Researchers at the AARP Public Policy Institute, Washington, tell the tale in a “long-term services and supports” state scorecard they created together with the SCAN Foundation, Long Beach, Calif., and the Commonwealth Fund, New York.
Dr. Bruce Chernoff, the president of the SCAN Foundation, presented a talk on the study recently at the Intercompany Long Term Care Insurance Conference in Las Vegas.
The researchers who created the scorecard spent two years designing the study and gathering the data. They looked for performance indicators in areas such as affordability and access, choice of setting and provider, quality of life and quality of care, support for family caregivers, and organization of care and transitions from one level of care to another.
In some cases, the researchers came up with the results that health policy researchers usually come up with: Performance is terrible in the Southeast and Appalachia, and better in the Plains states.
But the researchers also came up with some surprises as they gathered the information they used to produce their Long-Term Services and Supports map.
New York ranks 41st in terms of performance, and just above Louisiana.
Florida, a state that often outshines other Southeastern states on acute-care measures, ranks 43rd. Just below Louisiana.
Nevada is ranked 40th, and Indiana, a state known for being a pioneer in the Long Term Care Partnership program, ranks 47th.
The top 5 states are Wisconsin, Hawaii, Oregon, Washington state and, in first place, Minnesota.
The groups that produced the scorecard want states, patient advocacy groups and others to push for improvements.
“Leading states do well in multiple dimensions, but all have far to go,” Chernoff said at the ILTCI Conference.
States’ performance on the indicators varied widely, and no state ranked in the top quarter in terms of all 25 indicators used to produce the scores, Chernoff said.
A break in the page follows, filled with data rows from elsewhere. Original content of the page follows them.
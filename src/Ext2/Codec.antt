-- ===== src/Ext2/Codec.antt =====
-- The bytes of the packed structures of kernel/dev/ext2/ext2.h.
pub mod Splice
pub mod Rows
use micro.Prelude.{
  ℕ, zero, suc, ◌+◌, ◌*◌, ◌/◌, ◌%◌, ◌≤◌, ◌≡◌, refl, sym, ap, ◌∙◌, List, [], ◌∷◌, ◌++◌, take, drop,
  length, arith, append_assoc, length-take, ◌-◌, ◌⊎◌, inl, inr, append-nil, drop-append, drop-drop,
  length-drop, take-append-drop, length-append,
}
use micro.Bitmap.{Bytes}

-- `n` bytes of a number, the lowest first
unfoldable pub le_bytes : (n v : ℕ) → Bytes
le_bytes zero v = []
le_bytes (suc n) v = v % 256 ∷ le_bytes n (v / 256)

unfoldable pub le_number : Bytes → ℕ
le_number [] = 0
le_number (b ∷ bs) = b + 256 * le_number bs

-- The number has no more than `n` bytes.
unfoldable pub Fits : (n v : ℕ) → Type 0
Fits zero v = v ≡ 0
Fits (suc n) v = Fits n (v / 256)

pub le_number-le_bytes : (n v : ℕ) → Fits n v → le_number (le_bytes n v) ≡ v
unfolding le_bytes le_number Fits
le_number-le_bytes zero v h = omega arith
le_number-le_bytes (suc n) v h = omega (arith, le_number-le_bytes n (v / 256) h)

pub length-le_bytes : (n v : ℕ) → length (le_bytes n v) ≡ n
unfolding le_bytes
length-le_bytes zero v = refl
length-le_bytes (suc n) v = ap suc (length-le_bytes n (v / 256))

-- The members of a structure by their widths in bytes.
unfoldable pub encode : (widths values : List ℕ) → Bytes
encode [] vs = []
encode (w ∷ ws) [] = []
encode (w ∷ ws) (v ∷ vs) = le_bytes w v ++ encode ws vs

unfoldable pub decode : (widths : List ℕ) → Bytes → List ℕ
decode [] bs = []
decode (w ∷ ws) bs = le_number (take w bs) ∷ decode ws (drop w bs)

-- One value for each width, and it fits.
unfoldable pub IsRow : (widths values : List ℕ) → Type 0
IsRow [] [] = Unit
IsRow [] (v ∷ vs) = ⊥
IsRow (w ∷ ws) [] = ⊥
IsRow (w ∷ ws) (v ∷ vs) = Fits w v × IsRow ws vs

unfoldable pub total : List ℕ → ℕ
total [] = 0
total (w ∷ ws) = w + total ws

module _ {ℓ} {A : Type ℓ} where
  pub take-length : (xs ys : List A) → take (length xs) (xs ++ ys) ≡ xs
  take-length [] ys = refl
  take-length (x ∷ xs) ys = ap (x ∷◌) (take-length xs ys)

  pub drop-length : (xs ys : List A) → drop (length xs) (xs ++ ys) ≡ ys
  drop-length [] ys = refl
  drop-length (x ∷ xs) ys = drop-length xs ys

  pub take-append_more :
      (xs ys : List A) (n : ℕ) → take (length xs + n) (xs ++ ys) ≡ xs ++ take n ys
  take-append_more [] ys n = let e : 0 + n ≡ n = omega arith in ap (λ k. take k ys) e
  take-append_more (x ∷ xs) ys n =
      let e : suc (length xs) + n ≡ suc (length xs + n) = omega arith in
      ap (λ k. take k (x ∷ (xs ++ ys))) e ∙ ap (x ∷◌) (take-append_more xs ys n)

  pub take-append_less : (xs ys : List A) (n : ℕ) → n ≤ length xs → take n (xs ++ ys) ≡ take n xs
  take-append_less xs ys zero h = refl
  take-append_less [] ys (suc n) h = absurd (omega arith)
  take-append_less (x ∷ xs) ys (suc n) h = ap (x ∷◌) (take-append_less xs ys n (omega arith))

  pub take_all : (xs : List A) (n : ℕ) → length xs ≡ n → take n xs ≡ xs
  take_all xs n h =
      ap (take n) (sym (append-nil xs)) ∙ ap (λ k. take k (xs ++ [])) (sym h) ∙ take-length xs []

  -- `memcpy` of `xs` to the place `off` of a buffer, with room for it
  unfoldable pub splice : List A → (off : ℕ) → List A → List A
  splice buf off xs = take off buf ++ (xs ++ drop (off + length xs) buf)

  -- `memcpy` of `n` elements from the place `off`
  unfoldable pub slice : List A → (off n : ℕ) → List A
  slice buf off n = take n (drop off buf)

  pub slice-splice :
      (buf xs : List A) (off : ℕ)
      → off ≤ length buf
      → slice (splice buf off xs) off (length xs) ≡ xs
  unfolding slice splice
  slice-splice buf xs off h =
      let e : length (take off buf) ≡ off = omega (arith, length-take off buf) in
      ap (λ n. take (length xs) (drop n (take off buf ++ (xs ++ drop (off + length xs) buf))))
        (sym e)
      ∙ ap (take (length xs)) (drop-length (take off buf) (xs ++ drop (off + length xs) buf))
      ∙ take-length xs (drop (off + length xs) buf)

  slice-front : (xs ys : List A) (o n : ℕ) → o + n ≤ length xs → slice (xs ++ ys) o n ≡ slice xs o n
  unfolding slice
  slice-front xs ys o n h =
      ap (take n) (drop-append o xs ys (omega arith))
      ∙ take-append_less (drop o xs) ys n (omega (arith, length-drop o xs))

  slice-back :
      (xs ys : List A) (o n : ℕ) → length xs ≤ o → slice (xs ++ ys) o n ≡ slice ys (o - length xs) n
  unfolding slice
  slice-back xs ys o n h =
      let e : o ≡ length xs + (o - length xs) = omega arith in
      ap (λ k. take n (drop k (xs ++ ys))) e
      ∙ ap (take n) (sym (drop-drop (o - length xs) (length xs) (xs ++ ys)))
      ∙ ap (λ zs. take n (drop (o - length xs) zs)) (drop-length xs ys)

  -- A copy is not seen before or behind its place.
  pub slice-splice_ne :
      (buf xs : List A) (off o n : ℕ)
      → off + length xs ≤ length buf
      → (o + n ≤ off) ⊎ (off + length xs ≤ o)
      → slice (splice buf off xs) o n ≡ slice buf o n
  unfolding splice
  slice-splice_ne buf xs off o n h (inl k) =
      let l = length-take off buf in
      slice-front (take off buf) (xs ++ drop (off + length xs) buf) o n (omega arith)
      ∙ sym (slice-front (take off buf) (drop off buf) o n (omega arith))
      ∙ ap (λ b. slice b o n) (take-append-drop off buf)
  slice-splice_ne buf xs off o n h (inr k) =
      let m = off + length xs in
      let l = length-take off buf in
      let l' = length-take m buf in
      let e : o - length (take off buf) - length xs ≡ o - length (take m buf) = omega arith in
      slice-back (take off buf) (xs ++ drop m buf) o n (omega arith)
      ∙ slice-back xs (drop m buf) (o - length (take off buf)) n (omega arith)
      ∙ ap (λ q. slice (drop m buf) q n) e
      ∙ sym (slice-back (take m buf) (drop m buf) o n (omega arith))
      ∙ ap (λ b. slice b o n) (take-append-drop m buf)

pub decode-encode :
    (ws vs : List ℕ) (rest : Bytes) → IsRow ws vs → decode ws (encode ws vs ++ rest) ≡ vs
unfolding encode decode IsRow
decode-encode [] [] rest h = refl
decode-encode [] (v ∷ vs) rest h = elim h [ ]
decode-encode (w ∷ ws) [] rest h = elim h [ ]
decode-encode (w ∷ ws) (v ∷ vs) rest (f, h) =
    let l = length-le_bytes w v in
    let e : (le_bytes w v ++ encode ws vs) ++ rest ≡ le_bytes w v ++ (encode ws vs ++ rest) =
      append_assoc (le_bytes w v) (encode ws vs) rest in
    let all = encode ws vs ++ rest in
    let t : take w (le_bytes w v ++ all) ≡ le_bytes w v =
      ap (λ n. take n (le_bytes w v ++ all)) (sym l) ∙ take-length (le_bytes w v) all in
    let d : drop w (le_bytes w v ++ all) ≡ all =
      ap (λ n. drop n (le_bytes w v ++ all)) (sym l) ∙ drop-length (le_bytes w v) all in
    ap (λ bs. le_number (take w bs) ∷ decode ws (drop w bs)) e
    ∙ ap (λ bs. le_number bs ∷ decode ws (drop w (le_bytes w v ++ all))) t
    ∙ ap (λ n. n ∷ decode ws (drop w (le_bytes w v ++ all))) (le_number-le_bytes w v f)
    ∙ ap (v ∷◌) (ap (decode ws) d ∙ decode-encode ws vs rest h)

pub length-encode : (ws vs : List ℕ) → IsRow ws vs → length (encode ws vs) ≡ total ws
unfolding encode IsRow total
length-encode [] [] h = refl
length-encode [] (v ∷ vs) h = elim h [ ]
length-encode (w ∷ ws) [] h = elim h [ ]
length-encode (w ∷ ws) (v ∷ vs) (f, h) =
    length-append (le_bytes w v) (encode ws vs)
    ∙ omega (arith, length-le_bytes w v, length-encode ws vs h)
Alaska, for example, ranked 17th overall, and it ranked in the top quarter in terms of choice of setting and provider and in terms of quality of life and quality of care. But the state ranked in the bottom quarter in terms of support for family caregivers and the cost of care. Compilers of nursing home cost survey reports usually find that Alaska has the most expensive nursing homes in the country.
One way states could improve their scores would be to spend more Medicaid LTC money on home care, rather than institutional care, and to make sure that a higher percentage of patients who end up in institutions start out seeing if they can get by at home, Chernoff said.
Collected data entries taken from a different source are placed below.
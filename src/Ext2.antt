-- ===== src/Ext2.antt =====
-- The ext2 file system: kernel/dev/ext2/ext2.c and ext2.h. The device keeps the blocks that are written to
-- it; a `Disk` is its blocks by number. `vol->groups` and the superblock are members of the volume.
pub mod Codec
mod Tests
pub mod Inodes
pub mod Alloc
pub mod Map
pub mod File
pub mod Dir
pub mod Attributes
use micro.Prelude.{
  ℕ, zero, suc, ◌+◌, ◌-◌, ◌*◌, ◌/◌, ◌%◌, ◌^◌, Bool, true, false, Option, none, some, List, [], ◌∷◌,
  ◌++◌, take, drop, get_or, set, replicate, if◌then◌else◌, ltb, ◌==◌, put, length,
}
use micro.Bitmap.{Bytes}
use micro.Ext2.Codec.{encode, decode, splice, slice, le_number, le_bytes}

-- `struct ext2_inode`; the upper half of the size shares its place with `dir_acl`
pub record Inode : Type 0 where
  pub mode : ℕ
  pub uid : ℕ
  pub size : ℕ
  pub atime : ℕ
  pub ctime : ℕ
  pub mtime : ℕ
  pub dtime : ℕ
  pub gid : ℕ
  pub nlink : ℕ
  pub sectors : ℕ
  pub flags : ℕ
  pub os_spec1 : ℕ
  pub blocks : List ℕ
  pub gen_num : ℕ
  pub file_acl : ℕ
  pub size_u : ℕ
  pub frag_addr : ℕ
  pub os_spec2 : List ℕ

-- the widths of the members of an inode up to `blocks`, of those after it, and of all
abbrev pub head_widths : List ℕ
head_widths = 2 ∷ 2 ∷ 4 ∷ 4 ∷ 4 ∷ 4 ∷ 4 ∷ 2 ∷ 2 ∷ 4 ∷ 4 ∷ 4 ∷ []

abbrev pub inode_widths : List ℕ
inode_widths = head_widths ++ (replicate 15 4 ++ (4 ∷ 4 ∷ 4 ∷ 4 ∷ replicate 12 1))

abbrev pub inode_size : ℕ
inode_size = 128

unfoldable pub inode_members : Inode → List ℕ
inode_members ino =
    ino.mode
    ∷ ino.uid
    ∷ ino.size
    ∷ ino.atime
    ∷ ino.ctime
    ∷ ino.mtime
    ∷ ino.dtime
    ∷ ino.gid
    ∷ ino.nlink
    ∷ ino.sectors
    ∷ ino.flags
    ∷ ino.os_spec1
    ∷ (ino.blocks ++ (ino.gen_num ∷ ino.file_acl ∷ ino.size_u ∷ ino.frag_addr ∷ ino.os_spec2))

unfoldable pub to_inode : List ℕ → Inode
to_inode vs = record {
  mode = get_or vs 0 0;
  uid = get_or vs 1 0;
  size = get_or vs 2 0;
  atime = get_or vs 3 0;
  ctime = get_or vs 4 0;
  mtime = get_or vs 5 0;
  dtime = get_or vs 6 0;
  gid = get_or vs 7 0;
  nlink = get_or vs 8 0;
  sectors = get_or vs 9 0;
  flags = get_or vs 10 0;
  os_spec1 = get_or vs 11 0;
  blocks = slice vs 12 15;
  gen_num = get_or (drop 27 vs) 0 0;
  file_acl = get_or (drop 27 vs) 1 0;
  size_u = get_or (drop 27 vs) 2 0;
  frag_addr = get_or (drop 27 vs) 3 0;
  os_spec2 = drop 4 (drop 27 vs);
}

-- `struct ext2_bgd`
pub record Group : Type 0 where
  pub block_bmp : ℕ
  pub inode_bmp : ℕ
  pub inode_tbl : ℕ
  pub free_blocks : ℕ
  pub free_inodes : ℕ
  pub dir_cnt : ℕ
  pub padding : ℕ
  pub res : List ℕ

unfoldable pub group_bytes : Group → Bytes
group_bytes g = encode (4 ∷ 4 ∷ 4 ∷ 2 ∷ 2 ∷ 2 ∷ 2 ∷ replicate 12 1) (
    g.block_bmp ∷ g.inode_bmp ∷ g.inode_tbl ∷ g.free_blocks ∷ g.free_inodes ∷ g.dir_cnt ∷ g.padding
    ∷ g.res)

unfoldable pub groups_bytes : List Group → Bytes
groups_bytes [] = []
groups_bytes (g ∷ gs) = group_bytes g ++ groups_bytes gs

abbrev pub Disk : Type 0
Disk = ℕ → Bytes

-- `struct ext2_volume`: the members of the superblock that the code reads after the mount
pub record Volume : Type 0 where
  pub blksize : ℕ
  pub inodes_per_grp : ℕ
  pub blks_per_grp : ℕ
  pub inode_sz : ℕ
  pub groups : List Group
  pub disk : Disk

abbrev pub no_group : Group
no_group = record {
  block_bmp = 0;
  inode_bmp = 0;
  inode_tbl = 0;
  free_blocks = 0;
  free_inodes = 0;
  dir_cnt = 0;
  padding = 0;
  res = [];
}

unfoldable pub write_block : Volume → (blk : ℕ) → Bytes → Volume
write_block vol blk buf = record vol { disk = put vol.disk blk buf }

abbrev pub bgds_blk : ℕ
bgds_blk = 2

unfoldable pub rewrite_bgds : Volume → Volume
rewrite_bgds vol = write_block vol bgds_blk (splice (vol.disk bgds_blk) 0 (groups_bytes vol.groups))

-- The place of an inode in the table of its group; `num - 1` is of 32 bits.
unfoldable pub inode_off : Volume → (num : ℕ) → ℕ
inode_off vol num = (num + 2 ^ 32 - 1) % 2 ^ 32 % vol.inodes_per_grp * vol.inode_sz

unfoldable pub inode_blk_num : Volume → (num : ℕ) → ℕ
inode_blk_num vol num =
    let group = get_or vol.groups ((num + 2 ^ 32 - 1) % 2 ^ 32 / vol.inodes_per_grp) no_group in
    (group.inode_tbl * vol.blksize + inode_off vol num) / vol.blksize

unfoldable pub read_inode : Volume → (num : ℕ) → Inode
read_inode vol num =
    let buf = vol.disk (inode_blk_num vol num) in
    to_inode (decode inode_widths (slice buf (inode_off vol num % vol.blksize) inode_size))

unfoldable pub write_inode : Volume → (num : ℕ) → Inode → Volume
write_inode vol num ino =
    let blk = inode_blk_num vol num in
    write_block vol blk (
      splice (vol.disk blk) (inode_off vol num % vol.blksize)
        (encode inode_widths (inode_members ino)))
For producers, the message of the map may be that, whatever states and policymakers do in the future, consumers in the bottom-ranking states desperately need LTCI and comprehensive LTC plans today.
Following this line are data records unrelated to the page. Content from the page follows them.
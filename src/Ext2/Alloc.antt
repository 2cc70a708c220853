-- ===== src/Ext2/Alloc.antt =====
-- The allocation of blocks and inodes from the bitmaps of the groups, kernel/dev/ext2/ext2.c.
pub mod Lowest
use micro.Prelude.{
  ℕ, zero, suc, ◌+◌, ◌-◌, ◌*◌, ◌%◌, ◌^◌, Bool, true, false, Option, none, some, List, [], ◌∷◌,
  get_or, set, if◌then◌else◌, ◌==◌,
}
use micro.Bitmap.{get_bit, set_bit}
use micro.Bitmap.First.{first_false}
use micro.Ext2.{Group, Volume, no_group, write_block, rewrite_bgds}

-- The two functions have the same body, up to the members of a group that they use.
module _ (free bmp : Group → ℕ) where
  -- The loop over the groups: the group and the bit, if there is one.
  unfoldable pub search : Volume → (i : ℕ) → List Group → Option (ℕ × ℕ)
  search vol i [] = none
  search vol i (g ∷ gs) =
      let rest = search vol (suc i) gs in
      if free g == 0
      then rest
      else or_next (first_false (get_bit (vol.disk (bmp g))) 0 (vol.blksize * 8)) rest
    where
      or_next : Option ℕ → Option (ℕ × ℕ) → Option (ℕ × ℕ)
      or_next none rest = rest
      or_next (some j) rest = some (i, j)

  -- "Set it and return"
  unfoldable pub take_bit :
      (use_one : Group → Group) → (per_grp : ℕ) → Volume → Option (ℕ × ℕ) → ℕ × Volume
  take_bit use_one per_grp vol none = (0, vol)
  take_bit use_one per_grp vol (some (i, j)) =
      let g = get_or vol.groups i no_group in
      let written = write_block vol (bmp g) (set_bit (vol.disk (bmp g)) j) in
      (
        (i * per_grp + j + 1) % 2 ^ 32,
        rewrite_bgds (record written { groups = set vol.groups i (use_one g) }),
      )

unfoldable pub use_block : Group → Group
use_block g = record g { free_blocks = g.free_blocks - 1 }

unfoldable pub use_inode : Group → Group
use_inode g = record g { free_inodes = g.free_inodes - 1 }

unfoldable pub alloc_blk : Volume → ℕ × Volume
alloc_blk vol =
    take_bit (λ g. g.free_blocks) (λ g. g.block_bmp) use_block vol.blks_per_grp vol
      (search (λ g. g.free_blocks) (λ g. g.block_bmp) vol 0 vol.groups)

unfoldable pub alloc_inode : Volume → ℕ × Volume
alloc_inode vol =
    take_bit (λ g. g.free_inodes) (λ g. g.inode_bmp) use_inode vol.inodes_per_grp vol
      (search (λ g. g.free_inodes) (λ g. g.inode_bmp) vol 0 vol.groups)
Some ideas for how LTCI producers might use the scorecard data in marketing and community relations efforts:
1. Click the “embed” button on the LTC scorecard Web page, at http://www.longtermscorecard.org/, to get the HTML code you need to share the map with consumers.
2. Organize and participate in panel discussions that focus on what the score says about the state of LTC services in your state.
3. Use the information about weaknesses in LTC services in your state to drive home the message that simply depending on Medicaid, the kids and fate to provide the right care at the right time may be a high-risk approach.